Nowhere is this more evident than in the shape of the wine bottles of Burgundy and Bordeaux. As many of you have surely noticed, a very large proportion of all wine bottles come in one or the other of two basic shapes. Let's call one "slope-shouldered" (the style traditionally used in Burgundy) and the other "square-shouldered" (the shape that's been preferred for centuries in Bordeaux).
The way I've always heard the story, the slope-shouldered Burgundy form is older, and it was one of the first shapes that glass-blowers mastered when they started making bottles in mass production. Interestingly, this technology - and the discovery that plugs of cork made an effective way to put an airtight stopper in the bottle - led to the first real possibility of keeping wine for long-term aging, because the cylindrical bottles could be stacked easily, and the cork-stoppered glass bottle allowed the wine to be kept airtight for a much longer time than had been possible in casks and barrels.
Burgundy, one of the premier wine regions in France, soon adopted the newfangled bottles.

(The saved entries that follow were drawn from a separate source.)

-- ===== src/Events/Handlers.antt =====
-- Every handler is a sequence of actions for its own connection. `K` holds of the rooms that the
-- handler reaches.
use null_key.Base.{
  not-false, ℕ, ◌≡◌, true, false, not, ◌&&◌, ◌⊎◌, leb, refl, none, Bool-cases, inl, inr, arith,
}
use null_key.Value.{Value, truthy, ◌===◌}
use null_key.Validation.{validate_room_creation, validate_room_join, validate_key_exchange}
use null_key.Net.{
  missing_room_or_token, missing_key_exchange_fields, room_not_found, invalid_invite_token,
  room_full, room_id_mismatch, key_exchange,
}
use null_key.Protocol.{Payload, Body, falsy, scalar, fields, Env}
use null_key.JsMap.{get}
use null_key.Manager.{add_room, has_room, get_client_count, add_client_to_room, verify_invite_token}
use null_key.Manager.Step.{adds_room, adds_client, binds}
use null_key.Relay.{Relay, set_manager, send_success, announce_joined}
use null_key.Handler.{
  identify, rejoin_room, create_room, handle_room_create, admit, join_room, handle_room_join,
  exchange_key, handle_key_exchange,
}
use null_key.Events.Actions.{
  Acts, done, then_act, updates, calls, broadcasts, Acts-trans, Acts-if, Acts-send_success,
  Acts-send_error, Acts-announce_joined,
}

-- The client may be let in: the room is new, or the token is good for the fingerprint.
abbrev pub MayEnter : Payload → Value → Relay → Type 0
MayEnter p fingerprint s =
    (get p.room_id s.manager.rooms ≡ none)
    ⊎ (verify_invite_token p.room_id p.invite_token fingerprint s.manager ≡ true)

-- The registry lets the client in.
abbrev Added : ℕ → ℕ → Payload → Relay → Type 0
Added now ws p s = (add_client_to_room now p.room_id ws s.manager).1 ≡ true

module _ (env : Env) (now ws : ℕ) (J K : Value → Type 0) where
  module _ (p : Payload) where
    rejoin_room_enters :
        (s : Relay)
        → verify_invite_token p.room_id p.invite_token (s.clients ws).fingerprint s.manager ≡ true
        → Added now ws p s
        → ((rejoin_room env now ws p s).clients ws).room_id ≡ p.room_id
    unfolding rejoin_room announce_joined send_success
    rejoin_room_enters s v a = ground arith

    admit_enters :
        (s : Relay) → Added now ws p s → ((admit env now ws p s).clients ws).room_id ≡ p.room_id
    unfolding admit announce_joined send_success
    admit_enters s a = ground arith

    rejoin_room-Acts :
        (s : Relay)
        → (((rejoin_room env now ws p s).clients ws).room_id ≡ p.room_id → K p.room_id)
        → (verify_invite_token p.room_id p.invite_token (s.clients ws).fingerprint s.manager ≡ true
            → J p.room_id)
        → Acts env.config ws J K s (rejoin_room env now ws p s)
    unfolding rejoin_room
    rejoin_room-Acts s k j =
        let r = add_client_to_room now p.room_id ws s.manager in
        let valid =
          verify_invite_token p.room_id p.invite_token (s.clients ws).fingerprint s.manager in
        elim (Bool-cases valid) [
          | inl e ↦
              let came : Acts env.config ws J K s (set_manager r.0 s) =
                then_act done (calls r.0 (adds_client now p.room_id (j e))) in
              elim (Bool-cases r.1) [
                | inl a ↦
                    rw (e, a, rejoin_room)
                      (Acts-announce_joined (Acts-send_success (then_act came (updates _)) _) now
                        p.room_id (k (rejoin_room_enters s e a)))
                | inr a ↦ rw (e, a, rejoin_room) (Acts-send_error came env.config _)
              ]
          | inr e ↦ rw (e, rejoin_room) (Acts-send_error done env.config _)
        ]

    add_room_new :
        (s : Relay)
        → (add_room env.config now p.room_id p.invite_token s.manager).1 ≡ true
        → get p.room_id s.manager.rooms ≡ none
    unfolding add_room
    add_room_new s h = ground arith

    add_room_old :
        (s : Relay)
        → (add_room env.config now p.room_id p.invite_token s.manager).1 ≡ false
        → (add_room env.config now p.room_id p.invite_token s.manager).0 ≡ s.manager
    unfolding add_room
    add_room_old s h = ground arith

    create_room-Acts :
        (s : Relay)
        → (((create_room env now ws p s).clients ws).room_id ≡ p.room_id → K p.room_id)
        → (MayEnter p (s.clients ws).fingerprint s → J p.room_id)
        → Acts env.config ws J K s (create_room env now ws p s)
    unfolding create_room
    create_room-Acts s k j =
        let r = add_room env.config now p.room_id p.invite_token s.manager in
        let made : Acts env.config ws J K s (set_manager r.0 s) =
          then_act done (calls r.0 (adds_room now p.room_id p.invite_token)) in
        elim (Bool-cases r.1) [
          | inl e ↦
              rw (e, create_room)
                (Acts-send_success
                  (then_act
                    (then_act made
                      (calls _ (adds_client now p.room_id (j (inl (add_room_new s e))))))
                    (updates _))
                  _)
          | inr e ↦
              rw (e, create_room)
                (Acts-trans made (
                  rejoin_room-Acts (set_manager r.0 s) (λ h. k (rw (e, create_room) h))
                    (λ v. j (inr (rw (add_room_old s e) at v)))))
        ]

    admit-Acts :
        (s : Relay)
        → (((admit env now ws p s).clients ws).room_id ≡ p.room_id → K p.room_id)
        → J p.room_id
        → Acts env.config ws J K s (admit env now ws p s)
    unfolding admit
    admit-Acts s k j =
        let r = add_client_to_room now p.room_id ws s.manager in
        let came : Acts env.config ws J K s (set_manager r.0 s) =
          then_act done (calls r.0 (adds_client now p.room_id j)) in
        elim (Bool-cases r.1) [
          | inl a ↦
              rw (a, admit)
                (Acts-announce_joined
                  (Acts-send_success
                    (then_act
                      (then_act came
                        (calls _ (binds p.room_id p.invite_token p.sender_fingerprint)))
                      (updates _))
                    _)
                  now p.room_id (k (admit_enters s a)))
          | inr a ↦ rw (a, admit) (Acts-send_error came env.config _)
        ]

    join_room-Acts :
        (s : Relay)
        → (((join_room env now ws p s).clients ws).room_id ≡ p.room_id → K p.room_id)
        → (MayEnter p p.sender_fingerprint s → J p.room_id)
        → Acts env.config ws J K s (join_room env now ws p s)
    unfolding join_room
    join_room-Acts s k j =
        Acts-if (not (has_room p.room_id s.manager))
          (λ _. Acts-send_error done env.config room_not_found)
          (λ there.
            Acts-if
              (not (verify_invite_token p.room_id p.invite_token p.sender_fingerprint s.manager))
              (λ _. Acts-send_error done env.config invalid_invite_token)
              (λ valid.
                Acts-if
                  (leb env.config.max_participants_per_room (get_client_count p.room_id s.manager))
                  (λ _.
                    Acts-send_error done env.config
                      (room_full env.config.max_participants_per_room))
                  (λ full.
                    admit-Acts s (λ h. k (rw (there, valid, full, join_room) h))
                      (j (inr (not-false valid))))))

    exchange_key-Acts :
        (s : Relay)
        → K (s.clients ws).room_id
        → Acts env.config ws J K s (exchange_key env now ws p s)
    unfolding exchange_key
    exchange_key-Acts s k =
        let c = s.clients ws in
        let named = then_act done (
          updates
            (record c { fingerprint = p.sender_fingerprint; username = p.sender_username })) in
        Acts-if (truthy c.room_id && not (c.room_id === p.room_id))
          (λ _. Acts-send_error done env.config room_id_mismatch)
          (λ _.
            Acts-if (truthy c.room_id)
              (λ _. then_act named (
                broadcasts now c.room_id
                  (key_exchange p.sender_fingerprint p.sender_public_key p.sender_username) k))
              (λ _. named))

  pub handle_room_create-Acts :
      (b : Body) (s : Relay)
      → ((k : Value) → ((handle_room_create env now ws b s).clients ws).room_id ≡ k → K k)
      → ((p : Payload)
          → b ≡ fields p
          → MayEnter p ((identify ws p s).clients ws).fingerprint (identify ws p s)
          → J p.room_id)
      → Acts env.config ws J K s (handle_room_create env now ws b s)
  unfolding handle_room_create
  handle_room_create-Acts falsy s k j = Acts-send_error done env.config missing_room_or_token
  handle_room_create-Acts scalar s k j = Acts-send_error done env.config missing_room_or_token
  handle_room_create-Acts (fields p) s k j =
      Acts-if (not (validate_room_creation (fields p)))
        (λ _. Acts-send_error done env.config missing_room_or_token)
        (λ ok. Acts-trans (then_act done (updates _)) (
          create_room-Acts p (identify ws p s) (λ h. k p.room_id (rw (ok, handle_room_create) h))
            (j p refl)))

  pub handle_room_join-Acts :
      (b : Body) (s : Relay)
      → ((k : Value) → ((handle_room_join env now ws b s).clients ws).room_id ≡ k → K k)
      → ((p : Payload) → b ≡ fields p → MayEnter p p.sender_fingerprint s → J p.room_id)
      → Acts env.config ws J K s (handle_room_join env now ws b s)
  unfolding handle_room_join
  handle_room_join-Acts falsy s k j = Acts-send_error done env.config missing_room_or_token
  handle_room_join-Acts scalar s k j = Acts-send_error done env.config missing_room_or_token
  handle_room_join-Acts (fields p) s k j =
      Acts-if (not (validate_room_join (fields p)))
        (λ _. Acts-send_error done env.config missing_room_or_token)
        (λ ok. Acts-trans (then_act done (updates _)) (
          join_room-Acts p (identify ws p s) (λ h. k p.room_id (rw (ok, handle_room_join) h))
            (j p refl)))

  pub handle_key_exchange-Acts :
      (b : Body) (s : Relay)
      → K (s.clients ws).room_id
      → Acts env.config ws J K s (handle_key_exchange env now ws b s)
  unfolding handle_key_exchange
  handle_key_exchange-Acts falsy s k = Acts-send_error done env.config missing_key_exchange_fields
  handle_key_exchange-Acts scalar s k = Acts-send_error done env.config missing_key_exchange_fields
  handle_key_exchange-Acts (fields p) s k =
      Acts-if (not (validate_key_exchange (fields p)))
        (λ _. Acts-send_error done env.config missing_key_exchange_fields)
        (λ _. exchange_key-Acts p s k)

Later on, someone in Bordeaux came up with the idea of putting a "shoulder" on the bottle, partly to distinguish its wines from Burgundy but mostly to provide a way to trap sediment in the bottle when the wine was being poured. Since old Burgundies "throw" sediment too, it would have made sense for the Burgundians to go over to the new bottle shape, but I suspect the idea of imitating their rivals didn't suit them.
Other wine regions weren't so competitive. In modern times, the Italians, for example, enthusiastically adopted the "Bordeaux-style" bottle for Chianti, replacing the old wicker-wrapped jugs as a way of marketing this tasty wine with a more upscale image.
And if you'll look at wine bottles from around the world, you'll notice something interesting: Wineries in California, Australia, South America, South Africa and just about any other places that make "French-style" wines, will almost invariably put Cabernet Sauvignon and Merlot -- the "Bordeaux" grapes -- into square-shouldered bottles, while Pinot Noir and Chardonnay -- the "Burgundy" grapes -- are usually sold in the slope-shouldered style.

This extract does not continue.